### Work request
When the line containing "let c = 48 + a % 10 in" appears in the data below, begin copying there and stop only after the line containing "all_digits [] = true".

+++++

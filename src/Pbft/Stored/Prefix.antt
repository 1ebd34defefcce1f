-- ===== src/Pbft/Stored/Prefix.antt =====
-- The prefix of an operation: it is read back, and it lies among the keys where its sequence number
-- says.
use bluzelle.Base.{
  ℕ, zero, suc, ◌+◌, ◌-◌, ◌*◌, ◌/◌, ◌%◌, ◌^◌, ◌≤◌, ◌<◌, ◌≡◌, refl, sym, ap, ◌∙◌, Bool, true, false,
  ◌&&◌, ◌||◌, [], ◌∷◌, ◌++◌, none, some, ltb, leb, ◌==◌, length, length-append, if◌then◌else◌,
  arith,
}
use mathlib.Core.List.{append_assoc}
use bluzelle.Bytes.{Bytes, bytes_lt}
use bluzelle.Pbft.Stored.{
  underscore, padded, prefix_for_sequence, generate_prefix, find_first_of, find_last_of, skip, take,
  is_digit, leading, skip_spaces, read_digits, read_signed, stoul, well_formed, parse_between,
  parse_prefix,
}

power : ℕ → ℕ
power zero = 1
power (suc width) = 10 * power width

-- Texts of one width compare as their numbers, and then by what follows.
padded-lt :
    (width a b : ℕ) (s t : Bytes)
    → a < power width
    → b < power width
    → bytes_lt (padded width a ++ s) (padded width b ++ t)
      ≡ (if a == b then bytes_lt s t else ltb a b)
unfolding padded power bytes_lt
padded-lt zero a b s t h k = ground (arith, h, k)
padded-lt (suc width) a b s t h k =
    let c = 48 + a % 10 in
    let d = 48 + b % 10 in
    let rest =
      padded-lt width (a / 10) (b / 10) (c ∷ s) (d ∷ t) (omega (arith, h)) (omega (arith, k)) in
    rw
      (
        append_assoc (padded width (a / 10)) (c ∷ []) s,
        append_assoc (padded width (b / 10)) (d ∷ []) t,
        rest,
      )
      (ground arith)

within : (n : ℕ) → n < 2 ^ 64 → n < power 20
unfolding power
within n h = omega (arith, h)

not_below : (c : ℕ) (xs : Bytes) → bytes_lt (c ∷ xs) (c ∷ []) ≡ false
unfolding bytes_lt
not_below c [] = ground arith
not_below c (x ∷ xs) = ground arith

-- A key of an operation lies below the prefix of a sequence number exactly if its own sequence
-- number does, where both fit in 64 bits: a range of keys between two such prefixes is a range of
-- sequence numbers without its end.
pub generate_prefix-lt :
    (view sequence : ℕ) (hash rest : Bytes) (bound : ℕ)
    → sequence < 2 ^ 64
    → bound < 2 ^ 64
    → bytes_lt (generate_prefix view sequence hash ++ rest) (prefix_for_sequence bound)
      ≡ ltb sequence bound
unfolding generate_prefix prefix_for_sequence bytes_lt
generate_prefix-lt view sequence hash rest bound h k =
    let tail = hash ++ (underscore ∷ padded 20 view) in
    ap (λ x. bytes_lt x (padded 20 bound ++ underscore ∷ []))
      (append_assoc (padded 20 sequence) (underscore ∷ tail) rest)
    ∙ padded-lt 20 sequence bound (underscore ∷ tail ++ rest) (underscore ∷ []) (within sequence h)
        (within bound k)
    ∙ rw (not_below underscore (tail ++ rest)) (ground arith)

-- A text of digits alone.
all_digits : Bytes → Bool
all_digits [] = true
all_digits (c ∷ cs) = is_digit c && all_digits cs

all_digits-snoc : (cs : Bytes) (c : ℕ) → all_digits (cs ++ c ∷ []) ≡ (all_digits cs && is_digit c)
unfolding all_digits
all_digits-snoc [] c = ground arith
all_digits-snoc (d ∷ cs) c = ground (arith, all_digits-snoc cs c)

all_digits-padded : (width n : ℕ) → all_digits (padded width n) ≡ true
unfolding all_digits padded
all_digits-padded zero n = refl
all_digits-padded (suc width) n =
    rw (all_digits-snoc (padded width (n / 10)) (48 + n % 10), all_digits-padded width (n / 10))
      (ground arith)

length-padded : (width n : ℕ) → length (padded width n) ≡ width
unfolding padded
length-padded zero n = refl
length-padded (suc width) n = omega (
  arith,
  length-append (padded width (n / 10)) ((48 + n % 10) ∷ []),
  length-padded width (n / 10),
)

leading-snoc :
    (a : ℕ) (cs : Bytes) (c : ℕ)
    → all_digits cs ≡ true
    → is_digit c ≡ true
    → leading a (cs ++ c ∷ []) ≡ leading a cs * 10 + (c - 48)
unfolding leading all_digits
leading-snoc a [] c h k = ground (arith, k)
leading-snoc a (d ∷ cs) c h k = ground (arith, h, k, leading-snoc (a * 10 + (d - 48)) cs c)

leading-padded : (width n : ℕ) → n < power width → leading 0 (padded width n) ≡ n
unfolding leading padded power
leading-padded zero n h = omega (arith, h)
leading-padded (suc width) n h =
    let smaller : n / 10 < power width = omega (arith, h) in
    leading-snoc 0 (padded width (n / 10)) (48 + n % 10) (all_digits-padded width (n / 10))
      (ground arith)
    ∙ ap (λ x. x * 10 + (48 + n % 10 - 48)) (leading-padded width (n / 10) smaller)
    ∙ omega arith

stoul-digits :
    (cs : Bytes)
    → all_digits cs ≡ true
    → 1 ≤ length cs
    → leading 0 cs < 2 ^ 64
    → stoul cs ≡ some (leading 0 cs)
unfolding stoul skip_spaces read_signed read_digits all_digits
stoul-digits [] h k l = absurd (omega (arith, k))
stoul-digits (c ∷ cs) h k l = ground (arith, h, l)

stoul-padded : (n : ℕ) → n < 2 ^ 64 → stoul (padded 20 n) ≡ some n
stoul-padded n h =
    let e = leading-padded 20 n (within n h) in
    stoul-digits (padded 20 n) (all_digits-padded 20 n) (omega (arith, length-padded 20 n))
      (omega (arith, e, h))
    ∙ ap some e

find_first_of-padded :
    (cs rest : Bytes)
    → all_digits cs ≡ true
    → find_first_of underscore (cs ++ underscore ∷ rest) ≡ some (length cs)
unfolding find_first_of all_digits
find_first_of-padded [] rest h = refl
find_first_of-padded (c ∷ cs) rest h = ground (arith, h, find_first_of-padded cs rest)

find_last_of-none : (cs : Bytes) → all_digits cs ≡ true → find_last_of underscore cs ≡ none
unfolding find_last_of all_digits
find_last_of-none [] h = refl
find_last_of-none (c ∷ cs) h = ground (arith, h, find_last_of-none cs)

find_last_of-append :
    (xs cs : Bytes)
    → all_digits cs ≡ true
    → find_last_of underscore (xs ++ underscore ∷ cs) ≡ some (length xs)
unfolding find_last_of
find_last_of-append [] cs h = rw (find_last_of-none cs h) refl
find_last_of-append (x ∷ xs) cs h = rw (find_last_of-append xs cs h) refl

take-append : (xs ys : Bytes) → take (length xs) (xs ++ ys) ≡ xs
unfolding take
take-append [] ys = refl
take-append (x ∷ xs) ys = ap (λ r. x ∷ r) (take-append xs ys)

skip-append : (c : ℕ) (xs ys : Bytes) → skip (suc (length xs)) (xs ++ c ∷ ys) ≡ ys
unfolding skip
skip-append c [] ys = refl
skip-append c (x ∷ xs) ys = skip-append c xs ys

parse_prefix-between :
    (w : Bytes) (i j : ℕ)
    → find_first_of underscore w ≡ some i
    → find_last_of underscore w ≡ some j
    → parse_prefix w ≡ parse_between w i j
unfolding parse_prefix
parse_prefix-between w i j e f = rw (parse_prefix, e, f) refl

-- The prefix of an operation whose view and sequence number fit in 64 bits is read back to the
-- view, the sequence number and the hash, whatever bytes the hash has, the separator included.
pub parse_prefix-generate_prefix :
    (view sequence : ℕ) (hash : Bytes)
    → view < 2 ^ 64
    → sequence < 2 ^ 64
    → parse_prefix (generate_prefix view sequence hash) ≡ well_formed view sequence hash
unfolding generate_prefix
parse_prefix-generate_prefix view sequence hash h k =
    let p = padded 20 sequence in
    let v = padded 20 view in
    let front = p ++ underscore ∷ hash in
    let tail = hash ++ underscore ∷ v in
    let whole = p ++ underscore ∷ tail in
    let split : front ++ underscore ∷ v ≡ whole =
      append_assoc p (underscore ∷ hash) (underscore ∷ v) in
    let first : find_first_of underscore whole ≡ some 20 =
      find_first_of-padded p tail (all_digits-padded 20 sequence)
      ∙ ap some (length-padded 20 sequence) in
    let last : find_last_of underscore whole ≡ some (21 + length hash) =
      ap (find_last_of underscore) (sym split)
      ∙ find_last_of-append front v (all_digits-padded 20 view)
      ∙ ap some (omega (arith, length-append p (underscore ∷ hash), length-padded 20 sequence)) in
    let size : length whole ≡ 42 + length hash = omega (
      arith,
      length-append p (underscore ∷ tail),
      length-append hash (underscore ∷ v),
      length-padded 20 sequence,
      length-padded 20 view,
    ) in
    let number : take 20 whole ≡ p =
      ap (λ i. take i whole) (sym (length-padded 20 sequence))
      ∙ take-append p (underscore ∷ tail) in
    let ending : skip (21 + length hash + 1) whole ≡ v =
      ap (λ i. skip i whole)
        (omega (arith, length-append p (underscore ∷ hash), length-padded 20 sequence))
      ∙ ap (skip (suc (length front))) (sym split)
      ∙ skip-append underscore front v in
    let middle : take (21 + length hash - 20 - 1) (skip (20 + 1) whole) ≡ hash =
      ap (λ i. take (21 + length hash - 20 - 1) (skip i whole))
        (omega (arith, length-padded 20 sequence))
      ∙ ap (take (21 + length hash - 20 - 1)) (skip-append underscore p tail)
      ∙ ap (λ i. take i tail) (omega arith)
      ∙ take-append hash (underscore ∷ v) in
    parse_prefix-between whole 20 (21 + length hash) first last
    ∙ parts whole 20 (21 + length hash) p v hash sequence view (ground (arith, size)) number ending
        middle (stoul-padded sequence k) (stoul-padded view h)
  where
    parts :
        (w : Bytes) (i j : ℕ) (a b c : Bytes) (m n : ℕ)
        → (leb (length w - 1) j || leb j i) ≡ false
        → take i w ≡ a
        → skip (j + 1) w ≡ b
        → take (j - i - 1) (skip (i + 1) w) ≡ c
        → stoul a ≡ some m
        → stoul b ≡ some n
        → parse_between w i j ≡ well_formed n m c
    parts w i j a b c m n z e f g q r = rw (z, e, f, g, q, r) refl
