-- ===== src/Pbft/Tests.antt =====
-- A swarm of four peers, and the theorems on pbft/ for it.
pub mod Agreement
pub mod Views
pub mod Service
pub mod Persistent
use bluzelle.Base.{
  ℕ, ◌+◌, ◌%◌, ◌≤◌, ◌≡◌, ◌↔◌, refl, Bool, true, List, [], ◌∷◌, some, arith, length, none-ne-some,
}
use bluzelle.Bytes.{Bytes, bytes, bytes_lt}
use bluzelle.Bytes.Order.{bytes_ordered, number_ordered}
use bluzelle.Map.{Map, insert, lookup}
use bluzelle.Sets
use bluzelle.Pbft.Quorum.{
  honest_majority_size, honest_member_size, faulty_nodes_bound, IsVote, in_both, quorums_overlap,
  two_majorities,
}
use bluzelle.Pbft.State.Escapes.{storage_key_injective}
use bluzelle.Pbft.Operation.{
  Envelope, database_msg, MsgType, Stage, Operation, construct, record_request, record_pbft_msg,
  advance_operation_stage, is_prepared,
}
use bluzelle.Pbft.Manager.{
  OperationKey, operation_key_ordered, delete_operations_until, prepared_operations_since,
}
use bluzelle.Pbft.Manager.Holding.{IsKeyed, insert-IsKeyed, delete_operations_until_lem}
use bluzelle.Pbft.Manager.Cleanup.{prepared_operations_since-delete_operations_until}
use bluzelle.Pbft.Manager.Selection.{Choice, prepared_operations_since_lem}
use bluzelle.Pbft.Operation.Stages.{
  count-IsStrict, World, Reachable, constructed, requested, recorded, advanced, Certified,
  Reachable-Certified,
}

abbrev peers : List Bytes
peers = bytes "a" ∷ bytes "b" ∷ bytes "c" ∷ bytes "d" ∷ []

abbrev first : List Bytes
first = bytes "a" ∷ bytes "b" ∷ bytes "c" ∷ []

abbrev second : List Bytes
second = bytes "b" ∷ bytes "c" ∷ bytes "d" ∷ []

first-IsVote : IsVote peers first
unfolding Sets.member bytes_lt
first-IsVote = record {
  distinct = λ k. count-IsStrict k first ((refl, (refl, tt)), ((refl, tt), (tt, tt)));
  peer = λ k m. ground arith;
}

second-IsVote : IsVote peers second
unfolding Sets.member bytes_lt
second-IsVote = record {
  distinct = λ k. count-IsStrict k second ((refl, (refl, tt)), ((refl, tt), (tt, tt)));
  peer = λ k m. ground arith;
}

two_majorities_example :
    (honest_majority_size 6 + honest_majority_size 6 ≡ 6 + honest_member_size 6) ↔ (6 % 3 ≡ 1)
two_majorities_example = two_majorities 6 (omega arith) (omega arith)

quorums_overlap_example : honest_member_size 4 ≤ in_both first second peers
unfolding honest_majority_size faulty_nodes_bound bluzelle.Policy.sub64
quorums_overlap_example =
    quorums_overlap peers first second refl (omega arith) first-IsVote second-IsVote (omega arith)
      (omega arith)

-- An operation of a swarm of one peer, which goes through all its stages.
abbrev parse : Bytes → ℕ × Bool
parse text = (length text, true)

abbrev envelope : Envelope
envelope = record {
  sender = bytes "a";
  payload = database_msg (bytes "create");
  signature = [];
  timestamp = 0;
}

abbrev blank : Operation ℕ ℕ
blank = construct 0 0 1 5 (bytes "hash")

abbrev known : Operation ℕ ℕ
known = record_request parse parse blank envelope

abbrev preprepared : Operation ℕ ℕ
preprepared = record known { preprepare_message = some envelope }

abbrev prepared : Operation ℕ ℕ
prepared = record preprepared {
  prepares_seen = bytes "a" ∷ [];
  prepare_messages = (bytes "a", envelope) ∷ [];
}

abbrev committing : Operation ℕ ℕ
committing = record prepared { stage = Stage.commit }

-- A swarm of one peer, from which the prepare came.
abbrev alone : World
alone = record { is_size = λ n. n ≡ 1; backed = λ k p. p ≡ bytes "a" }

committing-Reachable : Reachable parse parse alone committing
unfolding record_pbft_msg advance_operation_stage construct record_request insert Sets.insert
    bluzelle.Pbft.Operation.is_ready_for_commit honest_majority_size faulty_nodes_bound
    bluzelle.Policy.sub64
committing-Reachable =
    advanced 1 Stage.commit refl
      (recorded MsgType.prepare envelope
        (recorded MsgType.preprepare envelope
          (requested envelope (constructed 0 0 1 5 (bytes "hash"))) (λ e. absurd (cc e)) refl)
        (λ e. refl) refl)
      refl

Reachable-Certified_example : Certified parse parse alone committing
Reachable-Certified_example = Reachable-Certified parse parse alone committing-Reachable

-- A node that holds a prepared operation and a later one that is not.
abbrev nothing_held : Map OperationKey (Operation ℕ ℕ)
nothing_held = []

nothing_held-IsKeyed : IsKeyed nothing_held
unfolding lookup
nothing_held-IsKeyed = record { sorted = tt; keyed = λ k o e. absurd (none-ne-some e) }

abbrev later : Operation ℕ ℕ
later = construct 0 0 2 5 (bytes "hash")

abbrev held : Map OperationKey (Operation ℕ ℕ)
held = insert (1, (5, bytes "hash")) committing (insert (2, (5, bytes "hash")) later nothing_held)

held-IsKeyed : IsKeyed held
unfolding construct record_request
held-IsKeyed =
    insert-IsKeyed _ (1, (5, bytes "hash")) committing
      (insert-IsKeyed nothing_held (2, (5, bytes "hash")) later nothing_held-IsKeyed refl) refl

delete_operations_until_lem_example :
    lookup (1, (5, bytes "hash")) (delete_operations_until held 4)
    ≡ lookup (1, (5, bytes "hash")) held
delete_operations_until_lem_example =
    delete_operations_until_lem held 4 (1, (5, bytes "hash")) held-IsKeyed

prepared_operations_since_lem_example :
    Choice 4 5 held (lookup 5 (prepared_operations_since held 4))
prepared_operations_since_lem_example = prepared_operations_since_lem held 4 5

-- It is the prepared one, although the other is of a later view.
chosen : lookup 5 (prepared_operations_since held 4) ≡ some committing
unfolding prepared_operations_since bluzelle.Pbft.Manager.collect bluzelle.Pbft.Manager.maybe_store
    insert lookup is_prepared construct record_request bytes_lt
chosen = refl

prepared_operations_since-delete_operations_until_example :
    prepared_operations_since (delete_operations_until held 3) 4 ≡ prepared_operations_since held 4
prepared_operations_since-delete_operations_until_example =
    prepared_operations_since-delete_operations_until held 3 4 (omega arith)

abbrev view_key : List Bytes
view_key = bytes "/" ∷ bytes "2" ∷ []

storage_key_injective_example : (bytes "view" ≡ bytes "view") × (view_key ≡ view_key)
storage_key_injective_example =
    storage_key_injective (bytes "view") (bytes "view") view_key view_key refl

+++++

### Solution to the exercise
    let c = 48 + a % 10 in
    let d = 48 + b % 10 in
    let rest =
      padded-lt width (a / 10) (b / 10) (c ∷ s) (d ∷ t) (omega (arith, h)) (omega (arith, k)) in
    rw
      (
        append_assoc (padded width (a / 10)) (c ∷ []) s,
        append_assoc (padded width (b / 10)) (d ∷ []) t,
        rest,
      )
      (ground arith)

within : (n : ℕ) → n < 2 ^ 64 → n < power 20
unfolding power
within n h = omega (arith, h)

not_below : (c : ℕ) (xs : Bytes) → bytes_lt (c ∷ xs) (c ∷ []) ≡ false
unfolding bytes_lt
not_below c [] = ground arith
not_below c (x ∷ xs) = ground arith

-- A key of an operation lies below the prefix of a sequence number exactly if its own sequence
-- number does, where both fit in 64 bits: a range of keys between two such prefixes is a range of
-- sequence numbers without its end.
pub generate_prefix-lt :
    (view sequence : ℕ) (hash rest : Bytes) (bound : ℕ)
    → sequence < 2 ^ 64
    → bound < 2 ^ 64
    → bytes_lt (generate_prefix view sequence hash ++ rest) (prefix_for_sequence bound)
      ≡ ltb sequence bound
unfolding generate_prefix prefix_for_sequence bytes_lt
generate_prefix-lt view sequence hash rest bound h k =
    let tail = hash ++ (underscore ∷ padded 20 view) in
    ap (λ x. bytes_lt x (padded 20 bound ++ underscore ∷ []))
      (append_assoc (padded 20 sequence) (underscore ∷ tail) rest)
    ∙ padded-lt 20 sequence bound (underscore ∷ tail ++ rest) (underscore ∷ []) (within sequence h)
        (within bound k)
    ∙ rw (not_below underscore (tail ++ rest)) (ground arith)

-- A text of digits alone.
all_digits : Bytes → Bool
all_digits [] = true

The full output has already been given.